# My Printer Isn't Working - Help!!!!



## George Costanza (Jun 28, 2010)

We are operating two computers on a wireless network.  In between the two computers sits a router (wireless) and a printer.  Either computer can use the printer because the printer is shared between them via the wireless network.

All of a sudden, I can no longer use the printer.  My wife's computer can - mine cannot.  When I try to print anything from any program, I get "Failure to initialize output device" or something like that.

I am running Vista Home.  I know how to get into the network settings via the Control Panel.  I have been trying everything I can think of to get the printer working, but so far no luck.  I am wondering if anyone out there might be able to give me a hint or two.

I compared the network settings on my wife's computer to those on mine.  One difference I noted was that in the settings screen, "password sharing" was not checked and it was checked on mine.  So I unchecked password sharing on my computer, thinking that was the difference.  It wasn't.

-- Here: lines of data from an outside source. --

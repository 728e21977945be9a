-- ===== src/Journal/Admission.antt =====
-- internal/journal/commands.go: the admission of a command, and the sweep of expired leases
-- (Reap, owners.go).
use az_agent_platform_go.Prelude.{
  ℕ, ◌+◌, Bool, true, false, not, ◌&&◌, ◌||◌, List, [], ◌∷◌, ◌++◌, Option, none, some, GoString,
  str_eq, is_empty, anyb, find_row, if◌then◌else◌, ok, err,
}
use az_agent_platform_go.Journal.{
  Journal, Tx, JournalError, conflict, busy, bad_state, Command, CommandRow, RunRow, RunState,
  Terminal, EventKind, External, InteractionRow,
}
use az_agent_platform_go.Journal.Transactions.{
  ◌>>=◌, ◌>>◌, pure, throw, get, put, require, append_event, event, lock_conversation, is_live,
}
use az_agent_platform_go.Journal.Operations.{or_empty}
use az_agent_platform_go.Journal.Owners.{command_eq, interrupt_expired}
use az_agent_platform_go.Journal.Waits.{expire_interactions, is_unanswered}

-- The lease of a run that nobody has claimed, in milliseconds (000002_ownership.sql).
abbrev pub first_lease : ℕ
first_lease = 15000

pub record Receipt : Type 0 where
  pub thread_id : GoString
  pub run_id : GoString
  pub communication_id : GoString
  pub execution_run_id : GoString

abbrev pub receipt_for : Command → GoString → Receipt
receipt_for c execution = record {
  thread_id = c.thread_id;
  run_id = c.run_id;
  communication_id = c.communication_id;
  execution_run_id = execution;
}

-- A run as its insert leaves it.
abbrev pub pending_run : GoString → Option GoString → Option GoString → ℕ → RunRow
pending_run id journey digest now = record {
  id = id;
  state = RunState.pending;
  journey_id = journey;
  definition_digest = digest;
  answer = [];
  owner_id = [];
  owner_epoch = 0;
  lease_until = now + first_lease;
  product_version = none;
  endpoint_id = none;
  settings = none;
}

abbrev pub accepted_row : Command → GoString → CommandRow
accepted_row c execution = record {
  communication_id = c.communication_id;
  run_id = c.run_id;
  execution_run_id = execution;
  payload = c;
  included = false;
  terminal_reason = Terminal.open_command;
}

-- agent_commands: the communication ID is the primary key, the run ID unique.
abbrev pub is_taken : Command → CommandRow → Bool
is_taken c m = str_eq m.communication_id c.communication_id || str_eq m.run_id c.run_id

unfoldable pub insert_command : Command → GoString → JournalError → Tx (Unit {0})
insert_command c execution broken = do
  j ← get
  require (not (anyb (is_taken c) j.commands)) broken
  put (record j { commands = j.commands ++ accepted_row c execution ∷ [] })

-- agent_runs: the ID is the primary key, and one run of a conversation is live.
unfoldable pub insert_run :
    GoString → Option GoString → Option GoString → JournalError → Tx (Unit {0})
insert_run id journey digest broken = do
  j ← get
  require (not (anyb (λ (r : RunRow). str_eq r.id id || is_live r.state) j.runs)) broken
  put (record j { runs = j.runs ++ pending_run id journey digest j.now ∷ [] })

abbrev pub find_accepted : GoString → Journal → Option CommandRow
find_accepted communication j =
    find_row (λ (m : CommandRow). str_eq m.communication_id communication) j.commands

-- A live run, with the command that created it.
abbrev pub live_run : Journal → Option (RunRow × CommandRow)
live_run j = elim (find_row (λ (r : RunRow). is_live r.state) j.runs) [
  | none ↦ none
  | some r ↦ elim (find_row (λ (m : CommandRow). str_eq m.run_id r.id) j.commands) [
    | none ↦ none
    | some m ↦ some (r, m)
  ]
]

-- A command for another journey than the live run's is refused.
abbrev pub is_foreign : Command → RunRow → CommandRow → Bool
is_foreign c r m =
    not (is_empty c.target_journey)
    && not (str_eq c.target_journey (or_empty r.journey_id))
    && not (str_eq c.target_journey m.payload.target_journey)

unfoldable pub schedule : Command → Tx (Receipt × Bool)
unfolding insert_command insert_run append_event
schedule c = do
  j ← get
  elim (live_run j) [
    | none ↦ (do
      insert_command c c.run_id conflict
      insert_run c.run_id none none conflict
      append_event (record (event c.run_id EventKind.command_accepted) {
        communication_id = c.communication_id;
      })
      pure (receipt_for c c.run_id, true))
    | some (r, m) ↦ (do
      require (not (is_foreign c r m)) busy
      insert_command c r.id conflict
      append_event
          (record (event r.id EventKind.command_accepted) { communication_id = c.communication_id })
      pure (receipt_for c r.id, false))
  ]

module _ (x : External) where
  -- The first admission of a conversation creates it before this; a repeated command returns its
  -- first receipt, and one that differs is a conflict.
  unfoldable pub admit_body : Command → Tx (Receipt × Bool)
  unfolding lock_conversation interrupt_expired expire_interactions schedule
  admit_body c = do
    lock_conversation c.principal
    j ← get
    elim (find_accepted c.communication_id j) [
      | some m ↦ (do
        require (command_eq m.payload c) conflict
        pure (receipt_for c m.execution_run_id, false))
      | none ↦ (do
        interrupt_expired []
        expire_interactions x
        k ← get
        require (not (anyb (λ (i : InteractionRow). is_unanswered i.state) k.interactions)) busy
        schedule c)
    ]

  -- Admit, for a command that is no reply.
  unfoldable pub admit : Command → Tx (Receipt × Bool)
  unfolding admit_body
  admit c =
      if is_empty c.thread_id
        || is_empty c.run_id
        || is_empty c.communication_id
        || is_empty c.principal
        || is_empty c.text
      then throw bad_state
      else admit_body c

  -- One transaction of Reap.
  unfoldable pub reap_run : GoString → Tx (Unit {0})
  unfolding interrupt_expired expire_interactions
  reap_run run = do interrupt_expired run; expire_interactions x

  -- The candidates of the scan, one transaction each; the first error ends the sweep.
  abbrev pub reap_runs : List GoString → Journal → Journal × Option JournalError
  reap_runs [] j = (j, none)
  reap_runs (run ∷ rest) j = elim (reap_run run j) [
    | err e ↦ (j, some e)
    | ok (u, k) ↦ reap_runs rest k
  ]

Everything has been going along just fine for the past year or so - then, all of a sudden, my printer became unconnected from the network.  I need to get that little bad boy reconnected, so I can resume operations.

Help!!!!


----------



## Mr. H. (Jun 28, 2010)

You may want to re-boot the router by unplugging it for a few moments. But don't quote me on it LOL.


----------



## George Costanza (Jun 28, 2010)

Mr. H. said:


> You may want to re-boot the router by unplugging it for a few moments. But don't quote me on it LOL.



I didn't try that - I will.  When I try to print something and I get that screen that you hit to start the printer, I can see that the settings appear to be totally correct, i.e., the default printer for my word processing program is the same as the default printer for my wife's computer and, as I mentioned, she can print just fine on her computer.

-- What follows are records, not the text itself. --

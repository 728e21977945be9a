-- ===== src/Journal/Replies.antt =====
-- internal/journal/interactions.go: the reply to a waiting interaction, and the continuation of it.
use az_agent_platform_go.Prelude.{
  Bool, true, false, not, ◌&&◌, ◌||◌, Option, none, some, GoString, str_eq, is_empty, codes, ltb,
  find_row, update_rows, if◌then◌else◌, Result, ok, err,
}
use az_agent_platform_go.Journal.{
  Journal, Tx, JournalError, conflict, expired, bad_state, database, Command, CommandRow,
  InteractionRow, InteractionState, Interaction, Kind, Marker, Reply, RunRow, RunState, Terminal,
  EventKind, External, Owner,
}
use az_agent_platform_go.Journal.Transactions.{
  ◌>>=◌, ◌>>◌, pure, get, put, require, require_some, append_event, event, lock_conversation,
  lock_owner,
}
use az_agent_platform_go.Journal.Operations.{is_approval, or_empty}
use az_agent_platform_go.Journal.Owners.{command_eq, is_continuation}
use az_agent_platform_go.Journal.Interactions.{validate_reply}
use az_agent_platform_go.Journal.Waits.{expire_interactions, is_unanswered, is_expired, is_awaiting}
use az_agent_platform_go.Journal.Admission.{
  Receipt, receipt_for, insert_command, insert_run, find_accepted,
}

-- The kind's name in a command.
abbrev pub kind_name : Kind → GoString
kind_name Kind.clarification = codes "clarification"
kind_name Kind.approval = codes "approval"
kind_name (Kind.other_kind s) = s

-- The reply approves the call of an approval.
abbrev pub approves : Interaction → Reply → Bool
approves i r = is_approval i.kind && str_eq r.decision (codes "approve")

abbrev pub answered_marker : Interaction → Reply → Option Marker
answered_marker i r =
    if is_approval i.kind
    then (if str_eq r.decision (codes "approve") then some Marker.decided else some Marker.denied)
    else none

abbrev pub is_misdirected : Command → InteractionRow → Bool
is_misdirected c i =
    not (str_eq (kind_name i.artifact.kind) c.reply_kind)
    || not (is_empty c.target_journey)
      && not (is_empty (or_empty i.journey_id))
      && not (str_eq c.target_journey (or_empty i.journey_id))

abbrev pub consume_row : Command → Option Marker → InteractionRow → InteractionRow
consume_row c marker i = record i {
  state = InteractionState.consumed;
  continuation_run_id = some c.run_id;
  reply = some c.reply_json;
  marker = marker;
}

abbrev pub end_awaiting : GoString → Journal → Journal
end_awaiting run j = record j {
  runs =
      update_rows (λ (r : RunRow). str_eq r.id run && is_awaiting r.state)
        (λ (r : RunRow). record r { state = RunState.completed }) j.runs;
}

-- The command of an approval is consumed with it: there is no text to send to the provider.
unfoldable pub consume_command : Command → Tx (Unit {0})
unfolding append_event
consume_command c = do
  j ← get
  put (record j {
    commands =
        update_rows (λ (m : CommandRow). str_eq m.communication_id c.communication_id)
          (λ (m : CommandRow). record m { terminal_reason = Terminal.consumed }) j.commands;
  })
  append_event
      (record (event c.run_id EventKind.command_consumed) { communication_id = c.communication_id })

-- The writes of a reply that is accepted.
unfoldable pub record_reply : Command → Reply → InteractionRow → Tx (Unit {0})
unfolding insert_command insert_run append_event consume_command
record_reply c answer i = do
  insert_command c c.run_id database
  insert_run c.run_id i.journey_id i.definition_digest database
  j ← get
  put (
      end_awaiting i.run_id (record j {
        interactions =
            update_rows (λ (a : InteractionRow). str_eq a.id c.interaction_id)
              (consume_row c (answered_marker i.artifact answer)) j.interactions;
      }))
  append_event (event i.run_id EventKind.interaction_consumed)
  append_event
      (record (event c.run_id EventKind.command_accepted) { communication_id = c.communication_id })
  if approves i.artifact answer then consume_command c else pure tt

-- What a reply's transaction commits: nothing new, an expiry, or a continuation.
pub data Replied : Type 0 where
  repeated : GoString → Replied
  lapsed fresh : Replied

module _ (x : External) where
  unfoldable pub reply_body : Command → Reply → Tx Replied
  unfolding lock_conversation expire_interactions validate_reply record_reply
  reply_body c answer = do
    lock_conversation c.principal
    j ← get
    elim (find_accepted c.communication_id j) [
      | some m ↦ (do require (command_eq m.payload c) conflict; pure (repeated m.execution_run_id))
      | none ↦ (do
        i ←
            require_some
              (find_row (λ (a : InteractionRow). str_eq a.id c.interaction_id) j.interactions)
              bad_state
        let valid = ltb j.now i.expires_at
        if not valid && is_unanswered i.state then (do expire_interactions x; pure lapsed) else (do
          require (not (is_expired i.state)) expired
          require (valid && is_unanswered i.state) conflict
          require (not (is_misdirected c i)) bad_state
          require (validate_reply i.artifact answer) bad_state
          record_reply c answer i
          pure fresh))
    ]

  -- The receipt, and whether a run was created. An expiry is committed and reported.
  unfoldable pub reply : Command → Journal → Journal × Result JournalError (Receipt × Bool)
  unfolding reply_body
  reply c j =
      if is_empty c.thread_id
        || is_empty c.run_id
        || is_empty c.principal
        || is_empty c.communication_id
        || not (is_empty c.text)
      then (j, err bad_state)
      else elim (x.decode_strict c.reply_json) [
        | none ↦ (j, err bad_state)
        | some answer ↦ elim (reply_body c answer j) [
          | err e ↦ (j, err e)
          | ok (repeated run, k) ↦ (k, ok (receipt_for c run, false))
          | ok (lapsed, k) ↦ (k, err expired)
          | ok (fresh, k) ↦ (k, ok (receipt_for c c.run_id, true))
        ]
      ]

  -- Continuation: the row a reply consumed for this run, with its reply.
  unfoldable pub continuation : Owner → Tx (Option (InteractionRow × Reply))
  unfolding lock_owner
  continuation o = if is_empty o.command.interaction_id then pure none else (do
    lock_owner o
    j ← get
    i ←
        require_some
          (find_row
            (λ (a : InteractionRow).
              str_eq a.id o.command.interaction_id && is_continuation o.command.run_id a)
            j.interactions)
          database
    r ← require_some (x.unmarshal_reply (or_empty i.reply)) database
    pure (some (i, r)))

I tried rebooting my computer, several times.  That had no effect.  I will reboot the router when I get home.  Thank you.


----------



## Zoom-boing (Jun 28, 2010)

We've had similar a experience.  Try unplugging and replugging the printer and all the cables . . . sometimes it's just a loose connection.  When this has happened to us, if the problem wasn't a loose plug or something and everything else seemed as it should, we uninstalled then reinstalled the printer and that fixed the problem.   Good luck.


----------



## PatekPhilippe (Jun 28, 2010)

Here...this should help....
[ame=http://www.youtube.com/watch?v=y5orss3fAEU]YouTube - Office Space: Printer Smash. None Better.[/ame]


----------



## syrenn (Jun 28, 2010)

When all else fails George, kick the printer and the router 

Other then whats been already said, reboots of everything and unplugging of everything i don't know. 

Maybe a group hug?


----------



## George Costanza (Jun 28, 2010)

The only thing that is not working on the network is the printer on my computer.  You can print from my wife's compluter.  Both computers have Internet access.  This inidicates to me that rebooting of the router might not be necessary.

Thoughts?


----------



## PatekPhilippe (Jun 28, 2010)

George Costanza said:


> The only thing that is not working on the network is the printer on my computer.  You can print from my wife's compluter.  Both computers have Internet access.  This inidicates to me that rebooting of the router might not be necessary.
> 
> Thoughts?



After you glue it back together.... reinstall the printer on the machine it won't print from...see if it even shows up in your available printers window.  Click on printers and faxes...see what shows up


----------



## Quantum Windbag (Jun 28, 2010)

You should uninstall and then reinstall the printer on your computer, making sure that your driver is up to date. It sounds to me like the driver got corrupted on your computer. Nothing to worry about unless it happens again.


----------



## Ringel05 (Jun 28, 2010)

Quantum Windbag said:


> You should uninstall and then reinstall the printer on your computer, making sure that your driver is up to date. It sounds to me like the driver got corrupted on your computer. Nothing to worry about unless it happens again.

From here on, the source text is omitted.